Take a look at Trek, for example. In '00, you could get a red road bike with white brand/model designations. By '05, they were full into the curvy, multicolor accents. By '10, the panel painting thing started, where they'd create a line on a portion of a tube to mark a contrasting color block on the underside, for example. It's basically the same thing they're doing still, doing lots of graphic detail work to give visual interest rather than just painting the frame a solid color.

So yeah, I get that matte black is en vogue, but I don't agree there is less graphic design than before, and in fact think there is more. It may be there are fewer color options for any given model, though, and even that paint trends are towards matte finishes and abrupt transitions, and less of the glossy fades, but again, that's different from saying there's less graphic design.
 
Style continually evolves. Wait long enough and whatever you used to like will become fashionable again. Styles always have a way of coming back.
 
Some pricy Italian framebuilders went in for multicolored Paint jobs , but most people are Price conscious when paying for Bikes
so paint simplicity is a cost reduction..

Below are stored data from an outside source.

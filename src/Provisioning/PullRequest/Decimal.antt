-- ===== src/Provisioning/PullRequest/Decimal.antt =====
-- `%d` of a number, and what reading its digits gives.
use talos_app.Prelude.{
  ℕ, zero, suc, ◌+◌, ◌*◌, ◌%◌, ◌<◌, ◌≡◌, refl, String, Option, none, some, List, [], ◌∷◌, ◌++◌,
  get_elem?, ltb, if◌then◌else◌, str_append, codes, arith, Bool-cases, inl, inr, ap, ◌∙◌,
}
use Prim.Native.Nat.{◌/◌}
use Prim.Native.Char.{code}
use text.Mathlib.TextLemmas.{nil-append, cons-append}
use talos_app.Provisioning.PullRequest.{is_digit, digits_from}

abbrev digit_texts : List String
digit_texts = "0" ∷ "1" ∷ "2" ∷ "3" ∷ "4" ∷ "5" ∷ "6" ∷ "7" ∷ "8" ∷ "9" ∷ []

abbrev text_of : Option String → String
text_of none = ""
text_of (some t) = t

unfoldable pub digit : ℕ → String
digit d = text_of (get_elem? digit_texts d)

unfoldable pub print_with : ℕ → ℕ → String
unfolding digit
print_with zero n = ""
print_with (suc fuel) n =
    let rest = print_with fuel (n / 10) in
    if ltb n 10 then digit n else str_append rest (digit (n % 10))

-- A number has fewer digits than its successor counts.
unfoldable pub decimal : ℕ → String
unfolding print_with
decimal n = print_with (suc n) n

codes-digit : (d : ℕ) → d < 10 → codes (digit d) ≡ (48 + d) ∷ []
unfolding digit
codes-digit zero h = refl
codes-digit (suc zero) h = refl
codes-digit (suc (suc zero)) h = refl
codes-digit (suc (suc (suc zero))) h = refl
codes-digit (suc (suc (suc (suc zero)))) h = refl
codes-digit (suc (suc (suc (suc (suc zero))))) h = refl
codes-digit (suc (suc (suc (suc (suc (suc zero)))))) h = refl
codes-digit (suc (suc (suc (suc (suc (suc (suc zero))))))) h = refl
codes-digit (suc (suc (suc (suc (suc (suc (suc (suc zero)))))))) h = refl
codes-digit (suc (suc (suc (suc (suc (suc (suc (suc (suc zero))))))))) h = refl
codes-digit (suc (suc (suc (suc (suc (suc (suc (suc (suc (suc d)))))))))) h = absurd (omega arith)

pub codes-append : (a b : String) → codes (str_append a b) ≡ codes a ++ codes b
codes-append String.[] b = ap codes (nil-append b)
codes-append (String.◌∷◌ c a) b =
    ap codes (cons-append c a b) ∙ ap (λ t. code c ∷ t) (codes-append a b)

pub digits_from-append :
    (xs : List ℕ) (n m : ℕ) (ys : List ℕ)
    → digits_from n xs ≡ some m
    → digits_from n (xs ++ ys) ≡ digits_from m ys
unfolding digits_from
digits_from-append [] n m ys h = ground arith
digits_from-append (x ∷ xs) n m ys h = elim (Bool-cases (is_digit x)) [
  | inl b ↦ rw b (digits_from-append xs _ m ys (rw b at h))
  | inr b ↦ (let c = rw b at h in ground (arith, c))
]

digits_from-digit : (v d : ℕ) → d < 10 → digits_from v ((48 + d) ∷ []) ≡ some (v * 10 + d)
unfolding digits_from
digits_from-digit v d h = ground arith

digits_from-print_with :
    (fuel n : ℕ) → n < fuel → digits_from 0 (codes (print_with fuel n)) ≡ some n
unfolding print_with
digits_from-print_with zero n h = absurd (omega arith)
digits_from-print_with (suc fuel) n h = elim (Bool-cases (ltb n 10)) [
  | inl b ↦ rw b (
      ap (digits_from 0) (codes-digit n (ground arith))
      ∙ digits_from-digit 0 n (ground arith)
      ∙ ap some (omega arith))
  | inr b ↦ rw b (
      ap (digits_from 0) (codes-append (print_with fuel (n / 10)) (digit (n % 10)))
      ∙ digits_from-append (codes (print_with fuel (n / 10))) 0 (n / 10) _
          (digits_from-print_with fuel (n / 10) (ground arith))
      ∙ ap (digits_from (n / 10)) (codes-digit (n % 10) (omega arith))
      ∙ digits_from-digit (n / 10) (n % 10) (omega arith)
      ∙ ap some (omega arith))
]

-- The digits that `%d` prints are those of the number.
pub digits_from-decimal : (n : ℕ) → digits_from 0 (codes (decimal n)) ≡ some n
unfolding decimal
digits_from-decimal n = digits_from-print_with (suc n) n (omega arith)

print_with-last :
    (fuel n : ℕ) → (xs : List ℕ) × (d : ℕ) × (codes (print_with (suc fuel) n) ≡ xs ++ d ∷ [])
unfolding print_with
print_with-last fuel n = elim (Bool-cases (ltb n 10)) [
  | inl b ↦ rw b ([], 48 + n, codes-digit n (ground arith))
  | inr b ↦ rw b (
    codes (print_with fuel (n / 10)),
    48 + n % 10,
    codes-append (print_with fuel (n / 10)) (digit (n % 10))
        ∙ ap (λ t. codes (print_with fuel (n / 10)) ++ t) (codes-digit (n % 10) (omega arith)),
  )
]

-- It prints at least one digit.
pub decimal-last : (n : ℕ) → (xs : List ℕ) × (d : ℕ) × (codes (decimal n) ≡ xs ++ d ∷ [])
unfolding decimal
decimal-last n = print_with-last n n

And, some European companies , get China to make the Bare (carbon?) frames and all they do is paint them.
 
I'd guess that "less graphic design" is partially based on what bikes you see when you shop for a new bike. If look at bikes online you'll probably see a lot of different designs, but if you shop strictly in stores (like me) then what you look at is a lot more limited. I've seen pictures of some really fancy graphic designs done on bikes that I believe are newer designs, but at the stores here the bikes are generally limited to a simple color + logo aside from the bikes aimed at children.

My current bike is several years old and is a dark red with a sort of abstract black and white pattern on it. I really like it. The newer bikes I've looked at have been alright, but definitely more plain then what was available here, say, 3 years ago. I guess simplicity is in style right now?
 
Maybe because the graphics cost a lot of money? Money is usually the solution to such problems, haha.
 
Well for me, money would be a big issue and it would also be for the fact that I wouldn't want to be one of those flashy guys who have like 100 different colours on one bike. It would be too much.